London FX firms needing EMIR and MiFID reporting post-Brexit? Easy! We talk to regulatory reporting specialist Nicholas Roussos
“It remains to be seen how the post-Brexit drama will unfold. The UK government should find a way to preserve EU single market access for the financial industry. If it does not, I can understand why a company such as LMAX would seek to register in Ireland” – Nicholas Roussos, Business Analysis Consultant, Cappitech.
In a recent report by FinanceFeeds, it has become apparent that a small number of British FX companies with interests in the institutional and retail sector have begun to look toward establishing satellite operations in specific countries which are member states of the European Union in order that they may continue to provide services under the MiFID and EMIR rules which pertain to the European Union member states.
With regard to European Union single market equivalance in the post-Brexit period, LMAX has planned to put operations in Ireland should the British government not reach a satisfactory single market agreement with the European Commission, and will apply for its additional license in Ireland in January 2017 should it consider such a move necessary.
It is a commonly held belief that there is no hierarchy of highly experienced industry professionals in Ireland. There is no infrastructure. It is still an agrarian country with a few new apartment and office complexes that spent a long period of time uninhabited, a reminder to allcomers of the unemployment rate which rose to 15.1% in 2012.
London by comparison is quite the opposite.
LMAX, in its rationale for considering adopting Irish regulation, does indeed highlight this matter quite accurately.
The company quite correctly states that the UK is the world’s FX center, twice the size of the US market, and accounts for over 40% of the $5 trillion per day global FX industry.
LMAX considers the United Kingdom to be the backbone of global trade, which is quite correct indeed, however the firm believes that that the FX market in London depends on regulatory equivalence with the EU.
Ireland may well be a no man’s land in terms of productivity and even less of a home to global electronic financial services firms, however even Ireland has more relevance than other EU nations such as France, Italy, Spain, Portugal, Belgium – a country in which all OTC derivatives are banned – and even, believe it or not, Germany.

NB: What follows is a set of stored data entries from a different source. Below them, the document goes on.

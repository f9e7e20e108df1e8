-- ===== src/Effects.antt =====
-- How the program acts on the world. An action is a function on the history of what has been done,
-- newest first; the world outside answers through `Env`, whose answers may depend on all of it.
-- A Go error is a value, `Option String` with its message; a panic and an exit end the run.
mod Defs
pub mod Trace
pub mod Rules
pub mod Choice
pub mod Invariant
pub mod Panics
unfoldable pub use Defs.*
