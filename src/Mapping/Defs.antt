-- ===== src/Mapping/Defs.antt =====
-- The types of repo/mapping.go. `[]*DeviceMapping` is `Subs`, a list of its own, since a mapping
-- holds a list of mappings. After json.Unmarshal no two pointers in it are equal, so it is a tree.
use iotit.Base.{String, List, [], ◌∷◌, map, is_empty, if◌then◌else◌}

pub record DeviceImage : Type 0 where
  pub url : String
  pub alias : String
  pub title : String
  pub user : String
  pub pass : String
  pub hash : String

abbrev pub no_image : DeviceImage
no_image = record { url = ""; alias = ""; title = ""; user = ""; pass = ""; hash = "" }

-- The fields of a `DeviceMapping` but `Sub`.
pub record Info : Type 0 where
  pub name : String
  pub alias : String
  pub images : List DeviceImage
  pub kind : String  -- Type
  pub dir : String
  pub image : DeviceImage

mutual
  pub data DeviceMapping : Type 0 where
    node : Info → Subs → DeviceMapping

  pub data Subs : Type 0 where
    nil : Subs
    cons : DeviceMapping → Subs → Subs

abbrev pub info : DeviceMapping → Info
info (node i subs) = i

abbrev pub subs_of : DeviceMapping → Subs
subs_of (node i subs) = subs

pub record DeviceCollection : Type 0 where
  pub devices : List DeviceMapping
  pub version : String

abbrev pub empty_collection : DeviceCollection
empty_collection = record { devices = []; version = "" }

-- GetSubsNames
unfoldable pub get_subs_names : Subs → List String
get_subs_names nil = []
get_subs_names (cons d rest) = (info d).name ∷ get_subs_names rest

-- GetImageTitles
unfoldable pub get_image_titles : List DeviceImage → List String
get_image_titles = map (λ (i : DeviceImage). i.title)

-- What fillEmptyImages does to a sub-device itself.
abbrev pub inherit : Info → Info → Info
inherit parent i = record i {
  dir = parent.name;
  images = if is_empty i.images then parent.images else i.images;
}

-- The loop of fillEmptyImages under a parent that has images, with the call for each sub-device.
unfoldable pub fill_subs : Info → Subs → Subs
fill_subs parent nil = nil
fill_subs parent (cons (node i subs) rest) =
    let i' = inherit parent i in
    let subs' = fill_subs i' subs in
    cons (node i' (if is_empty i'.images then subs else subs')) (fill_subs parent rest)

-- fillEmptyImages
unfoldable pub fill_empty_images : DeviceMapping → DeviceMapping
unfolding fill_subs
fill_empty_images (node i subs) = node i (if is_empty i.images then subs else fill_subs i subs)

-- getDevices
unfoldable pub get_devices : DeviceCollection → List String
get_devices c = map (λ d. (info d).name) c.devices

It is indeed a matter of studying the global landscape of the electronic financial markets business in order to be able to gain a key understanding as to why Britain, with its captial city being the largest and most important financial center on earth, would even bother entertaining the thought of setting up any European operations when Australia, North America and the Asia Pacific regions are much more aligned partners with much better markets and technology.
If companies wish to look closely at regulation, however, and base a small operation in Europe in order to maintain an EU-aligned MiFID and EMIR presence, a different perspective can be placed on why certain parts of mainland europe are irrelevant altogether.
Indeed, Britain would be well served by striking cross-border agreements with ASIC and other important regulators instead however for those insistent on having a European presence, FinanceFeeds took a close look at what the implications are with Nicholas Roussos, Business Analysis Consultant at regulatory technology firm Cappitech.
“Ireland or Cyprus are both healthy choices for Financial Services UK firms seeking to relocate post-Brexit” he said.
“It remains to be seen how the post-Brexit drama will unfold. The UK government should find a way to preserve EU single market access for the financial industry. If it does not, I can understand why a company such as LMAX would seek to register in Ireland” explained Mr. Roussos.
With regard to support from the government, Mr. Roussos explained “The Irish government has taken steps to promote their International Financial Services Industry, (see www.finance.gov.ie/IFS2020) and they have a deep, educated talent pool. Also as an added bonus is the close proximity between Dublin and London for business trips.”
“Another alternative to Ireland is Cyprus, which has done well to establish itself as a hub for the Retail FX industry. A company seeking to register in Cyprus will enjoy EU single market access, low corporate taxes, and a competent and experienced national conduct authority in CySEC” – Nicholas Roussos, Business Analysis Consultant, Cappitech
“Clients using our regulatory reporting service have operations in Israel, Cyprus and the UK. Our team is located in both Cyprus and Israel” he continued.
“From Cappitechs perspective, we are confident in our ability to service our clients regardless of where in the EU a UK based firm decides to relocate. That is the great part about technology, its borderless” said Mr. Roussos.